IMPRESSIONIST GETAWAY IN THREE STAGES

From the beach of Deauville, facing the sea, you can see a space where the sky and the sea are reflected. On the right: Sainte-Adresse and Le Havre, then Honfleur, the cliffs of Villerville, the mouth of the Touques and Trouville... Left: Villers, Les Vaches noires, and Houlgate. This space was the cradle of Impressionism. On the occasion of the Normandy Impressionist Festival, we offer you a three-stage tour. Take advantage of your getaway to see further afield: festivals and exhibitions are on the programme for the Deauville summer.

Eugène Boudin - Deauville Beach©Musée des Beaux Arts de Caen, Martine Seyve, photographer
@Naïade Plant

1 - IN THE FOOTSTEPS OF EUGÈNE BOUDIN

Born on 12 July 1824 in Honfleur, Eugène Boudin, a precursor of Impressionism, spent his youth in Le Havre and from 1864 onwards spent every summer in Trouville-sur-Mer and Deauville. He transcribes scenes of seaside life, from elegant women to the effervescence of the markets, from the landscapes of Auger to the ports. A painter of skies, he strives in his canvases to transcribe the transience of light, changing skies, the matter of clouds and the inconstancy of the sea.  In Deauville, Eugène Boudin was seduced by the view of Deauville beach from the pier. He regularly settles there with his easel and declines this same view of the beach, with the same framing under different lights.
In 1884, he had his house built in Deauville, the Villa Les Ajoncs - a small Dutch cage - now renamed La Breloque, at 8 rue Olliffe - where he spent the last fourteen years of his life, It was in this house that he died on August 8, 1898.
Eugène Boudin produced more than a hundred canvases and gouaches in Deauville. Since 1998, a plaque has been affixed to the façade of the house where he lived. In August 2010, a plaque was also placed on the Port Deauville breakwater. It reproduces the painting "La plage de Deauville" (1893), which belongs to the Musée des Beaux-Arts in Caen.

 

 

THE PANTHEON OF AN ERA

A key portraitist of society at the turn of the nineteenth century and the first half of the twentieth century, J.É. Blanche rubbed shoulders with the greatest figures of her time, both in Paris and in Normandy.
He stayed for the first time on the Côte Fleurie in the summer of 1891 in Trouville-sur-Mer at the Manoir des Frémonts. There he met a young law student, Marcel Proust. Seduced by this holiday, Rose and Jacques-Émile Blanche returned from 1896 to 1901 to the Château de Tout-la-Ville between Deauville and Pont-L'Évêque, where they received the Literary, Political and Artistic Tout Paris.

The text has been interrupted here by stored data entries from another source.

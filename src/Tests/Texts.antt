-- ===== src/Tests/Texts.antt =====
-- security/sql_validation.go, security/connection.go, odbc/odbc.go and plugin/role_migrations.go on concrete inputs.
use openbao_teradata_secret.Common.{
  ℕ, ◌≤◌, ◌≡◌, ◌≢◌, ◌++◌, refl, ◌⊎◌, inl, inr, List, [], ◌∷◌, none, some, All, arith, length,
}
use openbao_teradata_secret.Common.Bytes.{
  Bytes, codes, trim_space, contains, upper_byte, has_prefix, contains_byte, to_upper, to_lower,
  bytes_eq, index,
}
use openbao_teradata_secret.Common.Int.{pos, ltbℤ, ◌≤ℤ◌}
use openbao_teradata_secret.Model.{Role, role_version}
use openbao_teradata_secret.Odbc.Statements.{parse_sql_statements}
use openbao_teradata_secret.Odbc.Statements.Single.{parse_accepted}
use mathlib.Core.Bool.{true}
use openbao_teradata_secret.Outcome.{ok, err}
use openbao_teradata_secret.Retry.{Error, plain}
use openbao_teradata_secret.Roles.{migrate_role}
use openbao_teradata_secret.Roles.Migration.{no_path, migrate_role_lem}
use openbao_teradata_secret.Security.Mask.{
  mask_connection_string, is_sensitive_key, sanitize_string_for_sql,
}
use openbao_teradata_secret.Security.Mask.Hidden.{
  mask_connection_string-Alike, read_literal, others_doubled, read_literal-sanitize_string_for_sql,
}
use openbao_teradata_secret.Security.Password.{validate_password, generate_password}
use openbao_teradata_secret.Security.Password.Generated.{generate_password_lem}
use openbao_teradata_secret.Security.Sql.{
  validate_sql_statement, validate_patterns, validate_keywords, detect_statement_type,
}
use openbao_teradata_secret.Security.Sql.Refused.{opens, IsForbidden-refused}
use openbao_teradata_secret.Security.Connection.{parse_connection_string}
use openbao_teradata_secret.Security.Connection.Parsed.{
  IsPlainPair, render, stored, parse_connection_string-render,
}
use openbao_teradata_secret.Security.Session.{
  validate_session_variables, validate_each, validate_session_variable, build_session_variable_sql,
}
use openbao_teradata_secret.Security.Session.Safe.{IsWhole, build_session_variable_sql-IsWhole}
use openbao_teradata_secret.Common.Map.{Map, insert}
use openbao_teradata_secret.Storage.{Storage}

abbrev grant_text : Bytes
grant_text = codes "GRANT SELECT ON db TO u"

abbrev create_text : Bytes
create_text = codes "Create user u"

IsForbidden-refused_example : validate_sql_statement create_text ≢ none
unfolding bytes_eq to_upper upper_byte
IsForbidden-refused_example =
    IsForbidden-refused create_text
      (opens (codes "Create") (codes "user u") b' ' refl refl refl refl refl)

grant_text-accepted : validate_sql_statement grant_text ≡ none
unfolding validate_sql_statement trim_space contains validate_patterns to_upper validate_keywords
    detect_statement_type bytes_eq index
grant_text-accepted = refl

parse_accepted_example : length (parse_sql_statements grant_text) ≤ 1
parse_accepted_example = parse_accepted grant_text grant_text-accepted

abbrev password : Bytes
password = codes "Abc123!x"

abbrev sixteen_draws : List ℕ
sixteen_draws = 0 ∷ 1 ∷ 2 ∷ 3 ∷ 4 ∷ 5 ∷ 6 ∷ 7 ∷ 8 ∷ 9 ∷ 10 ∷ 11 ∷ 12 ∷ 13 ∷ 14 ∷ 63 ∷ []

abbrev first_draw : ℕ → ℕ → ℕ
first_draw i n = 0

generate_password_lem_example :
    (validate_password (generate_password true sixteen_draws first_draw) ≡ none)
    × (length (generate_password true sixteen_draws first_draw) ≡ length sixteen_draws)
generate_password_lem_example =
    generate_password_lem sixteen_draws first_draw (omega arith) (omega arith) (omega arith)
      (λ i n h. h)

abbrev old_role : Role
old_role = record {
  name = codes "r";
  version = pos 3;
  username_prefix = [];
  username_suffix = [];
  default_ttl = pos 5;
  max_ttl = pos 10;
  statement_template = [];
  creation_statement = [];
  revocation_statement = [];
  rollback_statement = [];
  renewal_statement = [];
  default_database = [];
  perm_space = pos 0;
  spool_space = pos 0;
  max_credentials = pos 0;
  session_variables = none;
  password_policy = [];
}

migrate_role_lem_example :
    ((role_version ≤ℤ old_role.version) × (migrate_role old_role ≡ ok old_role))
    ⊎ ((ltbℤ old_role.version role_version ≡ true) × (migrate_role old_role ≡ err no_path))
migrate_role_lem_example = migrate_role_lem old_role

-- A storage that holds one role under every key.
abbrev unknown_error : Error
unknown_error = plain []

abbrev one_role : Storage
one_role = record {
  State = Unit;
  Entry = Role;
  get = λ k s. ok (some old_role);
  put = λ k e s. (s, err unknown_error);
  delete = λ k s. (s, err unknown_error);
  list = λ k s. ok [];
  encode_credential = λ c. err unknown_error;
  decode_credential = λ e. err unknown_error;
  encode_role = λ r. ok r;
  decode_role = λ e. ok e;
  decode_config = λ e. err unknown_error;
  decode_statement = λ e. err unknown_error;
}

abbrev pairs : List (Bytes × Bytes)
pairs = (codes "A", codes "b=") ∷ (codes "c", codes "d") ∷ []

pairs-IsPlain : All IsPlainPair pairs
pairs-IsPlain = (
  (refl, (refl, tt), ((refl, refl, refl, refl), ((refl, refl, refl, refl), tt))),
  ((refl, (refl, tt), ((refl, refl, refl, refl), tt)), tt),
)

parse_connection_string-render_example :
    parse_connection_string (render pairs) ≡ some (stored pairs [])
parse_connection_string-render_example = parse_connection_string-render pairs pairs-IsPlain

abbrev connection_text : Bytes
connection_text = codes "DSN=a;uid=b"

abbrev variables : Map Bytes
variables = (codes "zone", codes "utc") ∷ []

build_session_variable_sql-IsWhole_example : All IsWhole (build_session_variable_sql variables)
unfolding validate_session_variables validate_each validate_session_variable contains_byte contains
    to_upper index
build_session_variable_sql-IsWhole_example = build_session_variable_sql-IsWhole variables refl

-- Two connection strings that differ in their password.
abbrev first_secret : Bytes
first_secret = codes "pwd=a;b=c"

abbrev second_secret : Bytes
second_secret = codes "pwd=x;b=c"

mask_connection_string-Alike_example :
    mask_connection_string first_secret ≡ mask_connection_string second_secret
unfolding parse_connection_string is_sensitive_key trim_space to_lower insert bytes_eq contains
mask_connection_string-Alike_example =
    mask_connection_string-Alike first_secret second_secret
      ((codes "pwd", codes "a") ∷ (codes "b", codes "c") ∷ [])
      ((codes "pwd", codes "x") ∷ (codes "b", codes "c") ∷ []) refl refl refl refl
      (refl, inl refl, (refl, inr refl, tt))

read_literal-sanitize_string_for_sql_example :
    read_literal 39 (sanitize_string_for_sql (39 ∷ 34 ∷ []) ++ 39 ∷ codes " OR")
    ≡ some (others_doubled 39 (39 ∷ 34 ∷ []), codes " OR")
unfolding has_prefix
read_literal-sanitize_string_for_sql_example =
    read_literal-sanitize_string_for_sql 39 (39 ∷ 34 ∷ []) (codes " OR") (inl refl) refl
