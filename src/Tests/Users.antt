-- ===== src/Tests/Users.antt =====
-- plugin/path_creds.go, plugin/path_revoke_creds.go, plugin/path_bulk_revoke.go, `Revoke` of
-- plugin/backend.go and the texts of odbc/odbc.go on concrete inputs.
use openbao_teradata_secret.Common.{
  ℕ, ◌+◌, ◌≡◌, refl, true, List, All, [], ◌∷◌, none, some, length, arith,
}
use openbao_teradata_secret.Common.Bytes.{Bytes, codes}
use openbao_teradata_secret.Common.Decimal.{decimal}
use openbao_teradata_secret.Common.Int.{pos}
use openbao_teradata_secret.Degradation.{new_flags}
use openbao_teradata_secret.Execution.{build_connection_string, execute_sql}
use openbao_teradata_secret.Execution.Sent.{AreExecuted, execute_sql-ok}
use openbao_teradata_secret.Odbc.Statements.Script.{IsStatement, script}
use openbao_teradata_secret.Issue.{Plan, Draws, PasswordDraws, Times, generate_username, fill_in}
use openbao_teradata_secret.Issue.Batch.{
  BatchResponse, path_creds_batch_read, batch_plan, batch_count, clamp, issue_each,
}
use openbao_teradata_secret.Issue.Batch.Counted.{IsWithin, path_creds_batch_read-IsWithin}
use openbao_teradata_secret.Issue.Issued.{IsIssued, path_creds_read-IsIssued}
use openbao_teradata_secret.Issue.Making.{State, Sql, Response, path_creds_read, new_credential}
use openbao_teradata_secret.Issue.Filled.{
  Piece, plain_text, the_username, the_password, template, put_together, fill_in-template,
}
use openbao_teradata_secret.Issue.Names.{validate_username-generate_username}
use openbao_teradata_secret.Issue.Permitted.{IsPermitted}
use openbao_teradata_secret.Odbc.Build.{
  TeradataConnectionConfig, settings, build_teradata_connection_string, replace_all,
}
use openbao_teradata_secret.Odbc.Build.Settings.{
  IsReadBack, parse-build_teradata_connection_string-IsReadBack,
}
use openbao_teradata_secret.Odbc.Username.{validate_username, username_too_long}
use openbao_teradata_secret.Outcome.{ok}
use openbao_teradata_secret.Renew
use openbao_teradata_secret.Renew.{path_renew_creds}
use openbao_teradata_secret.Renew.Unrenewed.{path_renew_creds-IsFailure}
use openbao_teradata_secret.Retry.{Context, plain}
use openbao_teradata_secret.Revoke.{path_revoke_creds, replace_variable}
use openbao_teradata_secret.Revoke.Bulk.{count_revoked, path_bulk_revoke_creds}
use openbao_teradata_secret.Revoke.Lease.{lease_names, revoke_lease}
use openbao_teradata_secret.Revoke.Lease.{revoke_lease-ok}
use openbao_teradata_secret.Revoke.Never.{
  IsFailure, path_revoke_creds-IsFailure, path_bulk_revoke_creds-none,
}
use openbao_teradata_secret.Revoke.Variables.{replace_variable_done}
use openbao_teradata_secret.Security.Connection.{parse_connection_string}
use openbao_teradata_secret.Tests.Leases.{memory, memory-IsReliable, world, config, role}
use openbao_teradata_secret.Tests.Pools.{counting, quiet, no_pools}
use openbao_teradata_secret.Issue.{
  plan, check_quota, check_prefix, find_config, find_statements, is_role_allowed, check_degradation,
  hex, password_for,
}
use openbao_teradata_secret.Issue.Making.{issue, create_user, record_credential}
use openbao_teradata_secret.Roles.{get_role, migrate_role}
use openbao_teradata_secret.Loaded.{get_config}
use openbao_teradata_secret.Degradation.{should_use_degradation}
use openbao_teradata_secret.Health.{
  is_pool_healthy, can_operate, are_all_pools_healthy, get_degradation_status,
}
use openbao_teradata_secret.Registry.Pools.{get_connection, list_connections}
use openbao_teradata_secret.Security.Password.{generate_password, validate_password}
use openbao_teradata_secret.Odbc.Username.{has_injection_pattern, has_sql_keyword}
use openbao_teradata_secret.Common.Bytes.{bytes_eq, contains, to_upper, upper_byte, contains_byte}
use openbao_teradata_secret.Credentials.{store_credential, cache_credential}
use openbao_teradata_secret.Security.Session.{merge_session_variables}
use openbao_teradata_secret.Common.Map.{Map, lookup, insert}
use openbao_teradata_secret.Retry.{do_retry}
use openbao_teradata_secret.Retry.{attempts}
use openbao_teradata_secret.Retry.{budget}
use openbao_teradata_secret.Retry.{settle}
use openbao_teradata_secret.Execution.{build_retry_config}
use openbao_teradata_secret.Odbc.Client.{connect}
use openbao_teradata_secret.Odbc.Client.{execute_multiple_statements}
use openbao_teradata_secret.Common.Bytes.{trim_space}
use openbao_teradata_secret.Common.Bytes.{ends_with}
use openbao_teradata_secret.Odbc.Statements.{execute_multiple_once}
use openbao_teradata_secret.Odbc.Statements.{parse_sql_statements}
use openbao_teradata_secret.Odbc.Statements.{to_send}

abbrev in_order : List (Bytes × Bytes) → List (Bytes × Bytes)
in_order params = params

abbrev calm : ℕ → Context
calm w = quiet

-- `executeSQL` that always succeeds.
abbrev sql : Sql counting
sql = λ cfg text w. (w + 1, ok tt)

-- A password of all classes.
abbrev password_draws : PasswordDraws
password_draws = record {
  read = true;
  draws = 0 ∷ 26 ∷ 52 ∷ 62 ∷ 0 ∷ 26 ∷ 52 ∷ 62 ∷ 0 ∷ 26 ∷ 52 ∷ 62 ∷ 0 ∷ 26 ∷ 52 ∷ 62 ∷ [];
  fix = λ i n. 0;
}

abbrev eight_bytes : List ℕ
eight_bytes = 1 ∷ 2 ∷ 3 ∷ 4 ∷ 5 ∷ 6 ∷ 7 ∷ 8 ∷ []

abbrev draws : Draws
draws = record {
  suffix = some eight_bytes;
  password = password_draws;
  policy_password = password_draws;
}

abbrev times : Times
times = record { at_expiry = 1; at_creation = 1; at_cache = (1, 1, 1) }

abbrev before : State memory counting
before = record { creds = world; world = 0 }

abbrev role_name : Bytes
role_name = codes "r"

abbrev plan_read : Plan
plan_read = record {
  role = role;
  config = config;
  creation = role.creation_statement;
  rollback = [];
}

abbrev response : Response memory counting sql
response = record {
  made = record {
    password = codes "aA0!aA0!aA0!aA0!";
    credential =
        new_credential memory counting sql plan_read role_name [] (codes "vault_0102030405060708")
          times;
  };
  ttl = pos 5;
  max_ttl = pos 10;
  session_variables = [];
  has_secret = true;
}

path_creds_read-IsIssued_example :
    (p : Plan) × IsPermitted memory counting new_flags
      (some no_pools)
      role_name
      []
      before.creds.store
      p
    × IsIssued memory counting sql p role_name [] draws times before
        (path_creds_read memory counting sql new_flags
          (some no_pools)
          role_name
          []
          draws
          times
          before).0
        response.made
unfolding path_creds_read plan issue get_role migrate_role check_quota check_prefix find_config
    get_config is_role_allowed check_degradation should_use_degradation is_pool_healthy
    get_connection can_operate are_all_pools_healthy get_degradation_status list_connections
    find_statements generate_username hex password_for generate_password validate_username
    has_injection_pattern has_sql_keyword contains to_upper upper_byte contains_byte
    validate_password create_user record_credential store_credential cache_credential
    merge_session_variables lookup insert bytes_eq
path_creds_read-IsIssued_example =
    path_creds_read-IsIssued memory counting sql new_flags (some no_pools) role_name [] draws times
      before response memory-IsReliable refl

abbrev batch_response : BatchResponse memory counting sql
batch_response = record {
  credentials = response.made ∷ [];
  ttl = pos 5;
  max_ttl = pos 10;
  session_variables = [];
  has_secret = true;
}

path_creds_batch_read-IsWithin_example :
    (p : Plan) × IsPermitted memory counting new_flags
      (some no_pools)
      role_name
      []
      before.creds.store
      p
    × IsWithin memory p.role role_name before.creds.store (length batch_response.credentials)
unfolding path_creds_batch_read batch_plan batch_count clamp issue_each plan issue get_role
    migrate_role check_quota check_prefix find_config get_config is_role_allowed check_degradation
    should_use_degradation is_pool_healthy get_connection can_operate are_all_pools_healthy
    get_degradation_status list_connections find_statements generate_username hex password_for
    generate_password validate_username has_injection_pattern has_sql_keyword contains to_upper
    upper_byte contains_byte validate_password create_user record_credential store_credential
    cache_credential merge_session_variables lookup insert bytes_eq
path_creds_batch_read-IsWithin_example =
    path_creds_batch_read-IsWithin memory counting sql new_flags (some no_pools) role_name []
      (pos 0) (λ i. draws) (λ i. times) before batch_response refl

abbrev drop_user : Bytes
drop_user = codes "DROP USER u"

drop_user-IsStatement : All IsStatement (drop_user ∷ [])
unfolding contains_byte ends_with
drop_user-IsStatement =
    (record { starts_dense = refl; ends_dense = refl; one_line = refl; unfinished = refl }, tt)

execute_sql-ok_example :
    (conn_string : Bytes) × (build_connection_string in_order config ≡ ok conn_string)
    × AreExecuted counting conn_string
        (drop_user ∷ [])
        (execute_sql counting in_order calm quiet config (script (drop_user ∷ [])) 0).0
unfolding execute_sql build_connection_string do_retry attempts budget build_retry_config settle
    connect execute_multiple_statements trim_space execute_multiple_once parse_sql_statements
    ends_with to_send
execute_sql-ok_example =
    execute_sql-ok counting in_order calm quiet config drop_user [] 0 drop_user-IsStatement refl

path_revoke_creds-IsFailure_example :
    IsFailure memory counting calm quiet before
      (path_revoke_creds memory counting calm quiet (codes "u") 1 (1, 1, 1) before)
path_revoke_creds-IsFailure_example =
    path_revoke_creds-IsFailure memory counting calm quiet (codes "u") 1 (1, 1, 1) before

validate_username-generate_username_example :
    validate_username (generate_username (codes "fourteen_bytes") [] (some eight_bytes))
    ≡ some username_too_long
validate_username-generate_username_example =
    validate_username-generate_username (codes "fourteen_bytes") eight_bytes (omega arith) refl

replace_variable_done_example :
    replace_all
      (codes "{{username}}")
      (codes "u")
      0
      (replace_variable (codes "{{{{username}}username}}") (codes "{{username}}") (codes "u"))
    ≡ replace_variable (codes "{{{{username}}username}}") (codes "{{username}}") (codes "u")
replace_variable_done_example =
    replace_variable_done (codes "{{{{username}}username}}") (codes "{username}}") (codes "u") refl
      refl

revoke_lease-ok_example : lease_names (codes "other/creds/r/u") ≡ none
unfolding revoke_lease bytes_eq
revoke_lease-ok_example =
    revoke_lease-ok memory counting calm quiet (codes "other/creds/r/u") 1 (1, 1, 1) before refl

abbrev bad_name : Bytes
bad_name = codes "u;"

path_bulk_revoke_creds-none_example :
    count_revoked ((bad_name, some (plain (codes "invalid username: "))) ∷ []) ≡ 0
unfolding path_bulk_revoke_creds get_config lookup bytes_eq validate_username has_injection_pattern
    contains to_upper
path_bulk_revoke_creds-none_example =
    path_bulk_revoke_creds-none memory counting calm quiet (some (bad_name ∷ []))
      (λ ns. (1, (1, 1, 1))) before ((bad_name, some (plain (codes "invalid username: "))) ∷ [])
      refl

abbrev server : TeradataConnectionConfig
server = record {
  dsn = [];
  server = codes "db";
  servers = [];
  port = pos 1025;
  database = [];
  username = codes "u";
  password = codes "p";
  connection_timeout = pos 0;
  query_timeout = pos 0;
  session_mode = [];
  account = [];
  ssl_mode = [];
  ssl_cert = [];
  ssl_key = [];
  ssl_root_cert = [];
  ssl_key_password = [];
  ssl_cipher_suites = [];
  ssl_secure = true;
  ssl_version = [];
}

parse-build_teradata_connection_string-IsReadBack_example :
    (m : Map Bytes) × (parse_connection_string (build_teradata_connection_string server) ≡ some m)
    × IsReadBack server m
unfolding settings decimal
parse-build_teradata_connection_string-IsReadBack_example =
    parse-build_teradata_connection_string-IsReadBack server (ground arith)

abbrev renewal_times : Renew.Times
renewal_times = record {
  at_lookup = 1;
  at_lookup_cache = (1, 1, 1);
  at_renewal = 1;
  at_expiry = 1;
  at_cache = (1, 1, 1);
}

path_renew_creds-IsFailure_example :
    IsFailure memory counting calm quiet before
      (path_renew_creds memory counting calm quiet (codes "u") password_draws renewal_times before)
path_renew_creds-IsFailure_example =
    path_renew_creds-IsFailure memory counting calm quiet (codes "u") password_draws renewal_times
      before

abbrev grant_pieces : List Piece
grant_pieces = plain_text (codes "GRANT r TO ") ∷ the_username ∷ the_password ∷ []

fill_in-template_example :
    fill_in (codes "u") (codes "{{username}}") (template grant_pieces)
    ≡ put_together (codes "u") (codes "{{username}}") grant_pieces
unfolding contains_byte
fill_in-template_example =
    fill_in-template (codes "u") (codes "{{username}}") grant_pieces refl (refl, (tt, (tt, tt)))
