-- ===== src/Network/Session/Agreement.antt =====
-- A handshake of network/src/session.rs between two honest peers.
use real_layer.Base.Bytes.{Bytes}
use real_layer.Base.{String, List, ◌≡◌, refl, true, false, ok, Eq, string_eq, list_eq}
use real_layer.Network.Session.Types.{
  SessionId, responder, initiator, negotiating, RouteBinding, HandshakeInit, HandshakeResponse,
  SecureSession, state_eq, contains, validate_route, route_eq, established,
}
use real_layer.Network.Session.Primitives.{Primitives, Laws}
use real_layer.Network.Session.Validation.{derive_session}
use real_layer.Network.Session.Handshake.{
  SessionInitiator, SessionResponder, new_initiator, build_init, complete, is_zero, is_seen, admit,
  respond, accept_init,
}
use real_layer.Network.Session.Messages.{
  peer_of, new_initiator-ok, init_of, validate_init-init_of, response_of,
  validate_response-response_of,
}

module _ (lib : Primitives) where
  open lib use {
    PeerId, Keypair, public, to_peer_id, StaticSecret, ephemeral, diffie_hellman, to_string,
    encode_protobuf, sign,
  }

  instance abbrev peers : Eq PeerId
  peers = lib.peer_eq

  -- Two ends of one session: each sends under the key with which the other receives.
  pub record Fit (a b : SecureSession PeerId) : Type 0 where
    pub same_id : a.session_id ≡ b.session_id
    pub same_route : a.route ≡ b.route
    pub forth : a.send_key ≡ b.receive_key
    pub back : a.receive_key ≡ b.send_key
    pub both : (a.state ≡ established) × (b.state ≡ established)

  -- A handshake that ends with a session on each side.
  pub record Agrees (i : SessionInitiator lib) (r : SessionResponder lib) (k l : Keypair)
      (protocol : String) (secret : StaticSecret) : Type 0 where
    pub init : HandshakeInit PeerId
    pub response : HandshakeResponse PeerId
    pub left : SecureSession PeerId
    pub right : SecureSession PeerId
    pub built : build_init lib i ≡ ok init
    pub accepted : (accept_init lib r init (peer_of lib k) protocol secret).1 ≡ ok (response, right)
    pub completed : complete lib i response ≡ ok left
    pub fit : Fit left right
    pub named : (left.peer_id ≡ peer_of lib l) × (right.peer_id ≡ peer_of lib k)

  module _ (laws : Laws lib) (k l : Keypair) (route : RouteBinding PeerId) (protocol : String)
      (id : SessionId) (secret_i secret_r : StaticSecret)
      (fresh_secret : is_zero lib (diffie_hellman secret_i (ephemeral secret_r)) ≡ false) where
    abbrev shared : Bytes
    shared = diffie_hellman secret_i (ephemeral secret_r)

    respond-init_of :
        (seen : List SessionId)
        → respond lib
            (record { identity = l; seen_sessions = seen })
            (init_of lib k (peer_of lib l) route protocol id secret_i)
            (peer_of lib k)
            protocol
            secret_r
          ≡ ok (
            response_of lib k l route protocol id secret_r,
            derive_session lib id (peer_of lib k) route responder shared protocol,
          )
    unfolding respond init_of response_of
    respond-init_of seen = rw (laws.diffie_hellman_comm secret_r secret_i, fresh_secret)

    admit-init_of :
        (seen : List SessionId)
        → validate_route route ≡ ok tt
        → contains route (peer_of lib l) ≡ true
        → is_seen lib id seen ≡ false
        → admit lib
            (record { identity = l; seen_sessions = seen })
            (init_of lib k (peer_of lib l) route protocol id secret_i)
            (peer_of lib k)
            protocol
          ≡ ok tt
    unfolding admit init_of
    admit-init_of seen valid inside unseen =
        rw (unseen, validate_init-init_of lib laws k l route protocol id secret_i valid, inside)

    accept_init-init_of :
        (seen : List SessionId)
        → validate_route route ≡ ok tt
        → contains route (peer_of lib l) ≡ true
        → is_seen lib id seen ≡ false
        → (accept_init lib
            (record { identity = l; seen_sessions = seen })
            (init_of lib k (peer_of lib l) route protocol id secret_i)
            (peer_of lib k)
            protocol
            secret_r).1
          ≡ ok (
            response_of lib k l route protocol id secret_r,
            derive_session lib id (peer_of lib k) route responder shared protocol,
          )
    unfolding accept_init
    accept_init-init_of seen valid inside unseen =
        rw (admit-init_of seen valid inside unseen, accept_init) (respond-init_of seen)

    complete-response_of :
        complete lib
          (record {
            identity = k;
            expected_peer = peer_of lib l;
            route = route;
            protocol_version = protocol;
            session_id = id;
            secret = secret_i;
            state = negotiating;
          })
          (response_of lib k l route protocol id secret_r)
        ≡ ok (derive_session lib id (peer_of lib l) route initiator shared protocol)
    unfolding complete response_of
    complete-response_of =
        rw (validate_response-response_of lib laws k l route protocol id secret_r, fresh_secret)

  -- Under the laws of the libraries, an initiator for a peer and a responder that is that peer,
  -- with a session id that the responder has not seen, agree, unless the key exchange gives the
  -- zero secret: the responder accepts the initiator's message, the initiator accepts the answer,
  -- each session names the other peer, and each sends under the key with which the other
  -- receives.
  pub handshake-Agrees :
      Laws lib
      → (k l : Keypair) (route : RouteBinding PeerId) (protocol : String) (id : SessionId)
        (secret_i secret_r : StaticSecret) (i : SessionInitiator lib) (seen : List SessionId)
      → new_initiator lib k (peer_of lib l) route protocol id secret_i ≡ ok i
      → is_seen lib id seen ≡ false
      → is_zero lib (diffie_hellman secret_i (ephemeral secret_r)) ≡ false
      → Agrees i (record { identity = l; seen_sessions = seen }) k l protocol secret_r
  handshake-Agrees laws k l route protocol id secret_i secret_r i seen made unseen fresh =
      let (e, valid, inside) =
        new_initiator-ok lib k (peer_of lib l) route protocol id secret_i i made in
      record {
        init = init_of lib k (peer_of lib l) route protocol id secret_i;
        response = response_of lib k l route protocol id secret_r;
        left =
            derive_session lib id (peer_of lib l) route initiator
              (diffie_hellman secret_i (ephemeral secret_r)) protocol;
        right =
            derive_session lib id (peer_of lib k) route responder
              (diffie_hellman secret_i (ephemeral secret_r)) protocol;
        built = rw e (unfold build_init init_of in refl);
        accepted =
            accept_init-init_of laws k l route protocol id secret_i secret_r fresh seen valid inside
              unseen;
        completed = rw e (complete-response_of laws k l route protocol id secret_i secret_r fresh);
        fit =
            unfold derive_session in
            record {
              same_id = refl;
              same_route = refl;
              forth = refl;
              back = refl;
              both = (refl, refl);
            };
        named = unfold derive_session in (refl, refl);
      }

The painter Paul Helleu – whose portrait he painted of his son Jean – and André Gide stayed there, among other guests.

 

In 1902, he acquired a large property in Offranville (Seine-Maritime) called the Manoir du Tôt where he lived every summer until his death. If Stravinsky, Cocteau, or Anna de Noailles - whose portraits he painted - wrote the history of the arts with an "H", they also wrote the history of Deauville, which was then in full swing.
Jacques-Émile Blanche's style, both lively and highly refined, borrows from both British and French sources of inspiration. Maurice Denis describes Blanche's portraits as "a valuable collection for future historians; this gallery is the Pantheon of an era."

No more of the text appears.